## Stored data
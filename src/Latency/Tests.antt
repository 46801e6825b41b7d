-- ===== src/Latency/Tests.antt =====
-- One wallet of two.
use automatamain.Base.{◌≡◌, refl, none, some, List, [], ◌∷◌, ℕ}
use automatamain.Base.Assoc.{get?}
use automatamain.Latency.{Trace, Registry, on_sent, mark_wallet_done, log_of}
use automatamain.Latency.Reports.{Event, sent, done, reports_of, later_wallets_lost}

abbrev fresh : Trace
fresh = record { created = 5; score_done = some 7_000_000; gate = none; wallets = [] }

abbrev registry : Registry
registry = (8, fresh) ∷ []

abbrev second_wallet : List (ℕ × Event)
second_wallet = (30, sent 8 2) ∷ (40, done 8 2) ∷ []

later_wallets_lost_example :
    ((mark_wallet_done 20 8 1 (on_sent 10 8 1 registry)).1
      ≡ some (
          log_of 8
            (record fresh { wallets = (1, record { sent = some 10; confirmed = some 20 }) ∷ [] })))
    × (reports_of 8 second_wallet (mark_wallet_done 20 8 1 (on_sent 10 8 1 registry)).0 ≡ 0)
unfolding get?
later_wallets_lost_example =
    later_wallets_lost 10 20 8 1 second_wallet registry fresh refl refl refl
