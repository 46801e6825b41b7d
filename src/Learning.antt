-- ===== src/Learning.antt =====
-- The learned overrides of src/learning/: the thresholds that a patch gives (merge.rs) and the rounds
-- of the engine that writes the patch (engine.rs). What the database and the file system answer is an
-- argument; the counts of its trades are not negative.
pub mod Bounds
pub mod Rounds
pub mod Tests
use automatamain.Base.{
  ℕ, ◌+◌, ◌-◌, ◌%◌, ◌^◌, min, max, Bool, true, false, ◌&&◌, Option, none, some, List, [], ◌∷◌,
  if◌then◌else◌, ltb,
}
use automatamain.Base.Int.{ℤ, pos, ◌-ℤ◌, ltb_ℤ, wrap}
use automatamain.Base.Float.{Float, flt, fmax, fmin, clamp, int, milli}
use automatamain.Score.Types.{FeatureThresholds}

pub record FeatureThresholdPatch (F : Type 0) : Type 0 where
  pub buyers_low : Option ℕ
  pub volume_ok_sol_mult : Option F
  pub smart_wallet_3plus_min : Option ℕ
  pub smart_wallet_1plus_min : Option ℕ

pub record LearningOverridesFile (F : Type 0) : Type 0 where
  pub patch : FeatureThresholdPatch F
  pub last_optimized_unix : ℕ
  pub last_sample_size : ℕ

-- The fields of the batch that the engine reads.
pub record TradeBatchStats (F : Type 0) : Type 0 where
  pub n : ℕ
  pub wins : ℕ
  pub win_smart : F
  pub loss_smart : F
  pub win_buyers : F
  pub loss_buyers : F

pub record LearningConfig : Type 0 where
  pub analyze_every_trades : ℕ
  pub min_trades_for_update : ℤ

-- What the engine keeps between its rounds, and what it publishes.
pub record Engine (F : Type 0) : Type 0 where
  pub overrides : LearningOverridesFile F
  pub last_trade_count_at_optimize : ℕ

-- What one round is answered: the count, the statistics, whether the file is saved, and the time.
pub record Answers (F : Type 0) : Type 0 where
  pub count : Option ℕ
  pub stats : Option (TradeBatchStats F)
  pub saved : Bool
  pub now_unix : ℕ

abbrev pub unwrap_or : {A : Type 0} → Option A → A → A
unwrap_or none x = x
unwrap_or (some y) x = y

-- `saturating_add` on u64.
abbrev pub saturating_add : ℕ → ℕ → ℕ
saturating_add a b = min (a + b) (2 ^ 64 - 1)

-- `Ord::clamp`.
abbrev pub clamp_ℕ : ℕ → ℕ → ℕ → ℕ
clamp_ℕ x lo hi = if ltb x lo then lo else if ltb hi x then hi else x

module _ {F : Type 0} where
  abbrev pub merge_buyers :
      FeatureThresholds F → Option ℕ → FeatureThresholds F → FeatureThresholds F
  merge_buyers base none t = t
  merge_buyers base (some v) t =
      let lo = max (base.buyers_low - 2) 1 in
      let hi = min (saturating_add base.buyers_low 2) (max (base.buyers_mid - 1) 1) in
      record t { buyers_low = min (max v lo) hi }

  abbrev pub merge_smart :
      FeatureThresholds F → Option ℕ → Option ℕ → FeatureThresholds F → FeatureThresholds F
  merge_smart base (some v) low_min t =
      let high = clamp_ℕ v 2 8 in
      record t {
        smart_wallet_3plus_min = high;
        smart_wallet_1plus_min =
            min (unwrap_or low_min base.smart_wallet_1plus_min) (max (high - 1) 1);
      }
  merge_smart base none (some low) t = record t {
    smart_wallet_1plus_min = clamp_ℕ low 1 (max (base.smart_wallet_3plus_min - 1) 1);
  }
  merge_smart base none none t = t

module _ {F : Type 0} ⦃fl : Float F⦄ where
  open fl use {fle, fadd, fmul, fdiv, of_ℕ}

  abbrev pub merge_volume :
      FeatureThresholds F → Option F → FeatureThresholds F → FeatureThresholds F
  merge_volume base none t = t
  merge_volume base (some m) t = record t {
    volume_ok_sol = fmax (fmul base.volume_ok_sol (clamp m (milli 850) (milli 1150))) (int 1);
  }

  unfoldable pub merge_thresholds :
      FeatureThresholds F → FeatureThresholdPatch F → FeatureThresholds F
  merge_thresholds base patch =
      merge_smart base patch.smart_wallet_3plus_min patch.smart_wallet_1plus_min
        (merge_volume base patch.volume_ok_sol_mult (merge_buyers base patch.buyers_low base))

  abbrev pub winrate_of : TradeBatchStats F → F
  winrate_of stats = fdiv (of_ℕ stats.wins) (of_ℕ stats.n)

  abbrev pub adjust_buyers :
      FeatureThresholds F → TradeBatchStats F → FeatureThresholdPatch F → FeatureThresholdPatch F
  adjust_buyers base stats patch =
      let current = unwrap_or patch.buyers_low base.buyers_low in
      if flt (winrate_of stats) (milli 480)
      then record patch { buyers_low = some (saturating_add current 1) }
      else if flt (milli 620) (winrate_of stats)
      then record patch { buyers_low = some (max (current - 1) 1) }
      else patch

  abbrev pub adjust_smart :
      FeatureThresholds F → TradeBatchStats F → FeatureThresholdPatch F → FeatureThresholdPatch F
  adjust_smart base stats patch =
      let current = unwrap_or patch.smart_wallet_3plus_min base.smart_wallet_3plus_min in
      if flt (winrate_of stats) (milli 520)
        && flt (fadd stats.loss_smart (milli 750)) stats.win_smart
      then record patch { smart_wallet_3plus_min = some (min ((current + 1) % 2 ^ 32) 8) }
      else patch

  abbrev pub adjust_volume : TradeBatchStats F → FeatureThresholdPatch F → FeatureThresholdPatch F
  adjust_volume stats patch =
      if flt (int 0) stats.loss_buyers
        && flt (int 0) stats.win_buyers
        && flt (fadd stats.win_buyers (milli 1500)) stats.loss_buyers
      then record patch {
        volume_ok_sol_mult =
            some
              (fmin (fmul (unwrap_or patch.volume_ok_sol_mult (int 1)) (milli 1050)) (milli 1150));
      }
      else patch

  unfoldable pub apply_heuristics :
      FeatureThresholds F → TradeBatchStats F → FeatureThresholdPatch F → FeatureThresholdPatch F
  apply_heuristics base stats patch =
      if ltb stats.n 2
      then patch
      else adjust_volume stats (adjust_smart base stats (adjust_buyers base stats patch))

  -- The file after the heuristics, if it is saved.
  abbrev pub optimize :
      LearningConfig → FeatureThresholds F → ℕ → TradeBatchStats F → Bool → ℕ → Engine F → Engine F
  optimize cfg base count stats saved now e =
      if ltb_ℤ (pos stats.n) cfg.min_trades_for_update
      then record e { last_trade_count_at_optimize = count }
      else if saved
      then record {
        overrides = record {
          patch = apply_heuristics base stats e.overrides.patch;
          last_optimized_unix = now;
          last_sample_size = stats.n;
        };
        last_trade_count_at_optimize = count;
      }
      else e

  -- One turn of the loop of `spawn_learning_engine`.
  unfoldable pub learning_round :
      LearningConfig → FeatureThresholds F → Answers F → Engine F → Engine F
  learning_round cfg base answers e = elim answers.count [
    | none ↦ e
    | some count ↦
        if ltb_ℤ (pos count -ℤ pos e.last_trade_count_at_optimize)
          (wrap 64 (pos cfg.analyze_every_trades))
        then e
        else elim answers.stats [
          | none ↦ e
          | some stats ↦ optimize cfg base count stats answers.saved answers.now_unix e
        ]
  ]

  abbrev pub learning_rounds :
      LearningConfig → FeatureThresholds F → List (Answers F) → Engine F → Engine F
  learning_rounds cfg base [] e = e
  learning_rounds cfg base (answers ∷ rest) e =
      learning_rounds cfg base rest (learning_round cfg base answers e)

## Instructions to follow
Up to and including the line with "second_wallet = (30, sent", please return the records exactly, beginning from their first line.

## Answer
filename src/Latency/Tests.antt
repository 46801e6825b41b7d
-- ===== src/Latency/Tests.antt =====
-- One wallet of two.
use automatamain.Base.{◌≡◌, refl, none, some, List, [], ◌∷◌, ℕ}
use automatamain.Base.Assoc.{get?}
use automatamain.Latency.{Trace, Registry, on_sent, mark_wallet_done, log_of}
use automatamain.Latency.Reports.{Event, sent, done, reports_of, later_wallets_lost}

abbrev fresh : Trace
fresh = record { created = 5; score_done = some 7_000_000; gate = none; wallets = [] }

abbrev registry : Registry
registry = (8, fresh) ∷ []

abbrev second_wallet : List (ℕ × Event)
second_wallet = (30, sent 8 2) ∷ (40, done 8 2) ∷ []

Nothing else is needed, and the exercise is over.